PROBLEM TO WORK ON: Pull out every line of the listing below where "known" appears.
- - - -
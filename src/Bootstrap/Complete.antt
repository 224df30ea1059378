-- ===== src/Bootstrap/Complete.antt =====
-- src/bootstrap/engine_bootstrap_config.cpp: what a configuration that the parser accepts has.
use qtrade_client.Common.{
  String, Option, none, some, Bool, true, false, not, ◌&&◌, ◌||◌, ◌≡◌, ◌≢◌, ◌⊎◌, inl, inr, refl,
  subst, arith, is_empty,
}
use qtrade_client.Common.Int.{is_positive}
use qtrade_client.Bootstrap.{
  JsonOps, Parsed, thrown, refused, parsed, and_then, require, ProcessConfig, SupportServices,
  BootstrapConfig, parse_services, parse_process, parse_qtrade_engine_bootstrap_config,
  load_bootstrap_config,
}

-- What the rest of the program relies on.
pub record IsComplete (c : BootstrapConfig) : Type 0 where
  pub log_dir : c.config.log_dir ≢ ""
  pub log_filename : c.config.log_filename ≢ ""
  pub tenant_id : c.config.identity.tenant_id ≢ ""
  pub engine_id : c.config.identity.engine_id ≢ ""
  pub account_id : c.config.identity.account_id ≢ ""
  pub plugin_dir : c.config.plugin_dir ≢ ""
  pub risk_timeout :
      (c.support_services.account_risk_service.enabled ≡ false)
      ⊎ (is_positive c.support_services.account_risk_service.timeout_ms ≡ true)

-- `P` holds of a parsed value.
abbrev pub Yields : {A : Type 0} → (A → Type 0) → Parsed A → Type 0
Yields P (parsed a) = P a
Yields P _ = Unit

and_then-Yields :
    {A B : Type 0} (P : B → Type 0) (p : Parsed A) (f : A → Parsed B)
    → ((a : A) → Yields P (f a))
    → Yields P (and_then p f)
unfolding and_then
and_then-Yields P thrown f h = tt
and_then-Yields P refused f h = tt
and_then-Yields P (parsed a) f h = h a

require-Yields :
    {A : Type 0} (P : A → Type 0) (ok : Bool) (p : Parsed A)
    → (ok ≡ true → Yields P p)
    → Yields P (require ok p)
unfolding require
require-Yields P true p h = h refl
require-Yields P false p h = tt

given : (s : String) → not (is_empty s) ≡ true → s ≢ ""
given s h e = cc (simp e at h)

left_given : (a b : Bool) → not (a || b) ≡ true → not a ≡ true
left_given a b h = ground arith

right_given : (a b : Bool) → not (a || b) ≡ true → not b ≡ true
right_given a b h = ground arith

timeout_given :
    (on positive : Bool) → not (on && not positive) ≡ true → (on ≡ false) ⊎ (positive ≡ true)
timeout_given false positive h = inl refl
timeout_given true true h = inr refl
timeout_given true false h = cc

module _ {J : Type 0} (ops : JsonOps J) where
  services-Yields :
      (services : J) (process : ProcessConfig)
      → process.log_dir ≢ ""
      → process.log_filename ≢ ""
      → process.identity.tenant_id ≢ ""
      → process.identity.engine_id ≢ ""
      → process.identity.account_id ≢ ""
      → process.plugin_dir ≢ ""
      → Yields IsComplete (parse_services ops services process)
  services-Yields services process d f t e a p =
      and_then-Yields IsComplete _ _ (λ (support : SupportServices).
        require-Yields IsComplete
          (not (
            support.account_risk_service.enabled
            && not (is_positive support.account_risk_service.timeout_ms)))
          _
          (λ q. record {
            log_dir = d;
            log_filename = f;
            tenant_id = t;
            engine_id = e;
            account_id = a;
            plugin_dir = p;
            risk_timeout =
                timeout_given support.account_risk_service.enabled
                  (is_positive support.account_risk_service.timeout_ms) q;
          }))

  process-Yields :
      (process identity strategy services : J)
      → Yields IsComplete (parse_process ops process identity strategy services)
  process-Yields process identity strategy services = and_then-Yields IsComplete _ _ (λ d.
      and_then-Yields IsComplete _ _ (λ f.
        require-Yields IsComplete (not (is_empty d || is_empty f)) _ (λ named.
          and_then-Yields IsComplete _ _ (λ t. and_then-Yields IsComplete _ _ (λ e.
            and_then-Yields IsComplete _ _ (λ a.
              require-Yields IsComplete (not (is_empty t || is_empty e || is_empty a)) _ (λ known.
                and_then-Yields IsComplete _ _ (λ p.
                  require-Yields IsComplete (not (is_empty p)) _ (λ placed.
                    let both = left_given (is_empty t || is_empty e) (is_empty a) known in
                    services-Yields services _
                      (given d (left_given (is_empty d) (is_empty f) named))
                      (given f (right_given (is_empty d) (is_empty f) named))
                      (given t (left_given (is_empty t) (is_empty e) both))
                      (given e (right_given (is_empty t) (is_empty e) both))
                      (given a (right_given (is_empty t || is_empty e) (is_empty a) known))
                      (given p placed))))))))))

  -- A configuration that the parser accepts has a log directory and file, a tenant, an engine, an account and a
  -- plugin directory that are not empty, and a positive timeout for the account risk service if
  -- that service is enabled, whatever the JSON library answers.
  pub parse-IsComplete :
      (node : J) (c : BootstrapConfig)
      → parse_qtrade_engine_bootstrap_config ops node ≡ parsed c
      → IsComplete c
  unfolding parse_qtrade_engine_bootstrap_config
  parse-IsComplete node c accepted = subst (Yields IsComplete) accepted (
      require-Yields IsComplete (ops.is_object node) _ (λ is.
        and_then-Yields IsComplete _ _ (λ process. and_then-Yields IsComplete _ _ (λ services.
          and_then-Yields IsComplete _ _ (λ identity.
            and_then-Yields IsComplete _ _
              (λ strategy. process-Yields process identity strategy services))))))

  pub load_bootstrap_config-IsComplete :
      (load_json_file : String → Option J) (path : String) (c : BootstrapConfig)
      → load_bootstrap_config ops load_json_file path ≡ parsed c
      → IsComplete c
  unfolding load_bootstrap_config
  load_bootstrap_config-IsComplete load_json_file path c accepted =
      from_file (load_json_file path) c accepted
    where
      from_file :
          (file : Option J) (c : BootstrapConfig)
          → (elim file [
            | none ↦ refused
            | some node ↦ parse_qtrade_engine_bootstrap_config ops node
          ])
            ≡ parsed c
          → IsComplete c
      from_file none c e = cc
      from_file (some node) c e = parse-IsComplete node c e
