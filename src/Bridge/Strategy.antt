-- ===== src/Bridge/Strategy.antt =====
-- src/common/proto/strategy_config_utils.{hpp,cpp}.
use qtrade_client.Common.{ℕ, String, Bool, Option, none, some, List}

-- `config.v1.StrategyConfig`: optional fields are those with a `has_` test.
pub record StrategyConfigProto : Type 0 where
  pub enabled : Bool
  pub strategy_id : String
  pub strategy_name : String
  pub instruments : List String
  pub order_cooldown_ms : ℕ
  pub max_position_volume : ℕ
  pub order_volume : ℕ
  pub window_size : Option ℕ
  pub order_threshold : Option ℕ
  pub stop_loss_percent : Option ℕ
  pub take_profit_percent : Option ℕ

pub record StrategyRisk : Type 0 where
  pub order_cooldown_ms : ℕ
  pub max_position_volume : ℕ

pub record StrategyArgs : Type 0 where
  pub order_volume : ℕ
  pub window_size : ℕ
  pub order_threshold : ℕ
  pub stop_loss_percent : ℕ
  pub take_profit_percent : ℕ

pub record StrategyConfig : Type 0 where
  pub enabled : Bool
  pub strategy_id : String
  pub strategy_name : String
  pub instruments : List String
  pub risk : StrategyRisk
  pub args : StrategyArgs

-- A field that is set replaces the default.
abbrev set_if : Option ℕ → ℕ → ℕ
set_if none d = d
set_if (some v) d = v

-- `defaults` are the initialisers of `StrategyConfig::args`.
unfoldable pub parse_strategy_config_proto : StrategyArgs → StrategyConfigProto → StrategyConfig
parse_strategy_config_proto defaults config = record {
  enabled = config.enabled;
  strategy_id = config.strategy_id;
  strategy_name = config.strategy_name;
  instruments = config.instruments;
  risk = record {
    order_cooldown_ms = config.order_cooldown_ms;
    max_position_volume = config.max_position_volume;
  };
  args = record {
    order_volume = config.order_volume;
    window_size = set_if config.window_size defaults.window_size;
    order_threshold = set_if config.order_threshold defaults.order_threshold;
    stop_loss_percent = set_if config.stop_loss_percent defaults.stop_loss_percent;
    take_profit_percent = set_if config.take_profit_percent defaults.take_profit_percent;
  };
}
- - - -
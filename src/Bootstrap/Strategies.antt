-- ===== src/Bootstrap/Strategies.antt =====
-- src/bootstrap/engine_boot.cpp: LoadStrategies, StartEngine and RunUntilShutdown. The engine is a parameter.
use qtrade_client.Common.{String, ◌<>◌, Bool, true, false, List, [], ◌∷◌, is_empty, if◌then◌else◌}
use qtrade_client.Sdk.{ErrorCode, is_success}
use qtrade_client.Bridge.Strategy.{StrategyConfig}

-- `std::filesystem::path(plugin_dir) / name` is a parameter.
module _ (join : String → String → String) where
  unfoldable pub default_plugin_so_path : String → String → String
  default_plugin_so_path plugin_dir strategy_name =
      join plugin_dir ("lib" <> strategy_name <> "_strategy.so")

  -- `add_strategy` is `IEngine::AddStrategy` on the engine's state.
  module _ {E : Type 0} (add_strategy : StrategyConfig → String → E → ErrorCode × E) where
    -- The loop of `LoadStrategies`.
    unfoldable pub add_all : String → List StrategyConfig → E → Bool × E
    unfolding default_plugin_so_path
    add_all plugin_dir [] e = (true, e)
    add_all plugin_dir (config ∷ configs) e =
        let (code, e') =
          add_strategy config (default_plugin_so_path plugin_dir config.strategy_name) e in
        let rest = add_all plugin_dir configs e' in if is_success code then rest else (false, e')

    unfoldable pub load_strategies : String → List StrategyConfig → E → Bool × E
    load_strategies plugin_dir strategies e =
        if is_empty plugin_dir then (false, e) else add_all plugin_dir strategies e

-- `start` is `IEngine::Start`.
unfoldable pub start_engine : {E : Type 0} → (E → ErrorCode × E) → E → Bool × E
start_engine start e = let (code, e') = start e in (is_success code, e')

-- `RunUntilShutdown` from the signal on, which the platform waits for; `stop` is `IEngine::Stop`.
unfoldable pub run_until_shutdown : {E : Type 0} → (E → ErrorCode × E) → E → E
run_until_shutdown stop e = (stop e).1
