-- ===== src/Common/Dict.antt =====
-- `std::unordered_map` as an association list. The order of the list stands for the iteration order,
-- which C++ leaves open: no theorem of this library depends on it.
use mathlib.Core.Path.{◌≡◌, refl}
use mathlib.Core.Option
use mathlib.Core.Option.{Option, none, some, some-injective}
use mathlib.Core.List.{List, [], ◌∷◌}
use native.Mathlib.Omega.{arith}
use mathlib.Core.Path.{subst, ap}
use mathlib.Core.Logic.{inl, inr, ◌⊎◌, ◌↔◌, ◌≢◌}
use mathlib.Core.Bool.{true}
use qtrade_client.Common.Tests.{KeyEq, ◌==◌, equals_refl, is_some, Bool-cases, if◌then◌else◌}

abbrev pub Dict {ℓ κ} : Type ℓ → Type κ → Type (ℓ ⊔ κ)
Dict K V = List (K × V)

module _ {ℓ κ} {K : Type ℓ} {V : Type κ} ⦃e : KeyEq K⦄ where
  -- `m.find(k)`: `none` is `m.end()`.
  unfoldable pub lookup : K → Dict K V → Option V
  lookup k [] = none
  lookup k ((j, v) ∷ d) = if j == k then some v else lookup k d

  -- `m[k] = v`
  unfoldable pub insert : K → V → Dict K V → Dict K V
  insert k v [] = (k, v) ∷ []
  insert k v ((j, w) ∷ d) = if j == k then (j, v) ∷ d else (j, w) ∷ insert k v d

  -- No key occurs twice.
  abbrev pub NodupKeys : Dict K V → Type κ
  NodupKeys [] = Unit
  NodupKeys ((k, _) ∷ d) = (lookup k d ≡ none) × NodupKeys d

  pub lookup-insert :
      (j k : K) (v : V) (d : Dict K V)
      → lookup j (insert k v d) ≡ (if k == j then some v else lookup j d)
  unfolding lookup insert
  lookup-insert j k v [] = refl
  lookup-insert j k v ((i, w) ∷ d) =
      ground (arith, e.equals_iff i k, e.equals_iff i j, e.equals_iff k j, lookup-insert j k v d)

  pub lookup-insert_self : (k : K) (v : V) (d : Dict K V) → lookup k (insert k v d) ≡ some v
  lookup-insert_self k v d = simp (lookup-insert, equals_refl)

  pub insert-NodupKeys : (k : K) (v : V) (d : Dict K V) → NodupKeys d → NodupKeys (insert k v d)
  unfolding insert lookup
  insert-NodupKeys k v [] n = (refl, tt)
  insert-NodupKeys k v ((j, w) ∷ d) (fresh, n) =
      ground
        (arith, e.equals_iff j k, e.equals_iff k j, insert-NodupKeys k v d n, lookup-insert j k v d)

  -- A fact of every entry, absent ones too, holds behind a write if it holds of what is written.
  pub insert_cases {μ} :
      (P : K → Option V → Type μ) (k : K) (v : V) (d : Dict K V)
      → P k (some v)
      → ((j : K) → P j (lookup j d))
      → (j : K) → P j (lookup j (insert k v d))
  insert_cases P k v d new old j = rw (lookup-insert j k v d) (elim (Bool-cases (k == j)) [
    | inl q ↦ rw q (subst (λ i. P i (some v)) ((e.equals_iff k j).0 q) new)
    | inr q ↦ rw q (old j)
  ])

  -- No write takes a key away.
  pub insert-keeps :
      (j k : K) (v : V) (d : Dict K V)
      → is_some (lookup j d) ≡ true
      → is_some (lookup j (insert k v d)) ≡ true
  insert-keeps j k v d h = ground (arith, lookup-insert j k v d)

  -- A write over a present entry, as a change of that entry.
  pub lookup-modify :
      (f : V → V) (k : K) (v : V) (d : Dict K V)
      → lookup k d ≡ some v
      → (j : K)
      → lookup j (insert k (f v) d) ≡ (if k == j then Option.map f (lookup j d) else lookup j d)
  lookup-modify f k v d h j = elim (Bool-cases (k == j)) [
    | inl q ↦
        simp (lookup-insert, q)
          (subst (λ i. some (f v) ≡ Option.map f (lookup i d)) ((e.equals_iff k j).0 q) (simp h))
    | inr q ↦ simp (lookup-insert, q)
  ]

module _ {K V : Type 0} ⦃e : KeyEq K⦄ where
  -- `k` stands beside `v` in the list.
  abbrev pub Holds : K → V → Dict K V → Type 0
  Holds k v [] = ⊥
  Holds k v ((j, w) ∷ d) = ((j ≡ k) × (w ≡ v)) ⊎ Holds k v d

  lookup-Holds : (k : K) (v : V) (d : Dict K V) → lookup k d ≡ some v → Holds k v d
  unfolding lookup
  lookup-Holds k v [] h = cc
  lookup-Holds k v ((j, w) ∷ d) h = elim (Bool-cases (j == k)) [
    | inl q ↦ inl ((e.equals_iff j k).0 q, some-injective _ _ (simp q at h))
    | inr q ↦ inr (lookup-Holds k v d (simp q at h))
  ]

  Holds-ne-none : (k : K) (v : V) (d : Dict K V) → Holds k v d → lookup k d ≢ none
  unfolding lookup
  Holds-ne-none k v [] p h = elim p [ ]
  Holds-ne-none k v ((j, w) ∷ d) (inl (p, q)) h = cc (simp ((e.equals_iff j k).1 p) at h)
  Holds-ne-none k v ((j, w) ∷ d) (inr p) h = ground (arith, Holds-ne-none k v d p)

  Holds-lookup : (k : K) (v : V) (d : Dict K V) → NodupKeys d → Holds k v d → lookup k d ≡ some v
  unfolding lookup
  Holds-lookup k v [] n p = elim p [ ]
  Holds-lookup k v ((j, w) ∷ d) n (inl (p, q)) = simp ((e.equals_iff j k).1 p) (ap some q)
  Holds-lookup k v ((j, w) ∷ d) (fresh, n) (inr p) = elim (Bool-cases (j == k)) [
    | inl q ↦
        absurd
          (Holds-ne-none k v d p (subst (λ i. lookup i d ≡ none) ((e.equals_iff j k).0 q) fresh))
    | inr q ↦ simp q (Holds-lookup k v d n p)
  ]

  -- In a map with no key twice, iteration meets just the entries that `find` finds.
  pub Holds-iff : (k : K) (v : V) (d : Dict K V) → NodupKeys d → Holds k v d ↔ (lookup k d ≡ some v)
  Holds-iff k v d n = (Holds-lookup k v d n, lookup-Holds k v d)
- - - -
RESULT:
              require-Yields IsComplete (not (is_empty t || is_empty e || is_empty a)) _ (λ known.
                    let both = left_given (is_empty t || is_empty e) (is_empty a) known in
                      (given a (right_given (is_empty t || is_empty e) (is_empty a) known))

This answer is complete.